Who Needs the Human Rights Act?

How many people reading this item will realise that today is Human Rights Day? Most likely, it will pass unnoticed or be criticised as another manifestation of political correctness. Yet, surely, having legislation that protect the basic human rights of everyone across the UK, including elderly or disabled people, who are possibly at their most vulnerable, is something to be proud of? So why aren't we celebrating?

Sadly, it is likely because we have allowed the myth that the Human Rights Act is nothing more than a rogue's charter used by lawyers and politicians to protect the undeserving thanks to misleading and inaccurate stories involving cats and immigration amongst others. What we read less about are those vulnerable elderly and less able people in the UK who depend on the Act for protection, or to improve the care services on which they rely.

Dignity and respect are at the core of the Act. Unfortunately, vulnerable people are sometimes treated in a way far removed from this. What is most frightening is that this can happen when they are at their most susceptible, needing care in hospital, residential units or in their own homes.

You need only glance at the appalling findings uncovered by the BBC Panorama Special of incidents at The Winterbourne View facility in Bristol aired in May of this year.

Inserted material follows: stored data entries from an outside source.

-- ===== src/Module/Exit.antt =====
-- Unloading the module, `dmaplane_exit`, driver/main.c.
use dmaplane_master.Buffer.{empty_store}
use dmaplane_master.Region.World.{Whole, steps, fresh_world, World, Step}
use dmaplane_master.Rdma.Peer.{teardown}
use dmaplane_master.Region.Deregister.{sweep}
use dmaplane_master.Kernel.{Machine, get, Resource, Event, gets, puts}
use dmaplane_master.Device.{Device, max_channels}
use dmaplane_master.Buffer.History.{Op, run}
use dmaplane_master.Module.{stop_channels, Installed, System}
use dmaplane_master.Module.Unwind.{objects}
use dmaplane_master.Base.{map, reverse, ◌+◌, ◌≡◌, List}
use dmaplane_master.Buffer.Conserve.{held}
use dmaplane_master.Buffer.Handles.{WellFormed}
use dmaplane_master.Region.{max_mrs}
use dmaplane_master.Module.Freeing.{Freeing}

-- A system whose parts sequences of calls have led to
record Reached (x : Resource) (s : System) : Type 0 where
  world : Whole x (record { engine = s.engine; regions = s.regions })
  well_formed : WellFormed s.store
  balance : gets x s.buffer_events ≡ puts x s.buffer_events + held x s.store

abbrev pub Settled : Resource → List Event → Type 0
Settled x es = gets x es ≡ puts x es

abbrev taken_down : System → World
taken_down s = record {
  engine = teardown s.engine;
  regions = sweep s.engine.ctx max_mrs 0 s.regions;
}

abbrev stopped : System → System
stopped s = record s { device = stop_channels max_channels 0 s.device }

-- The device when the module goes, after sequences of calls on the regions and the context, and on the
-- buffers
abbrev pub before_exit : Installed → List Step → Machine → List Op → Device → System
before_exit m os machine ops d = record {
  device = d;
  store = (run machine ops empty_store).0;
  engine = (steps os fresh_world).engine;
  regions = (steps os fresh_world).regions;
  buffer_events = (run machine ops empty_store).1;
  log = map get (reverse (objects m));
}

Or examine the failings that took place at Stafford Hospital during 2005-2008. Then there's the case of the elderly couple who were to be separated after more than 65 years together: the husband had been assessed as needing residential care but his wife was told by the local authority that she did not qualify.

But the Human Rights Act is much more than a legal cosh with which to bash public bodies when they fail. It gives them a positive duty to protect human rights, providing a great basis for improving the care services they provide – and as such should be celebrated.

We may think it is not necessary to have legislation to make us treat people with respect and dignity. Perhaps it shouldn't be. But, sadly, while some older people continue to be treated so badly, they continue to need the protection the Act provides.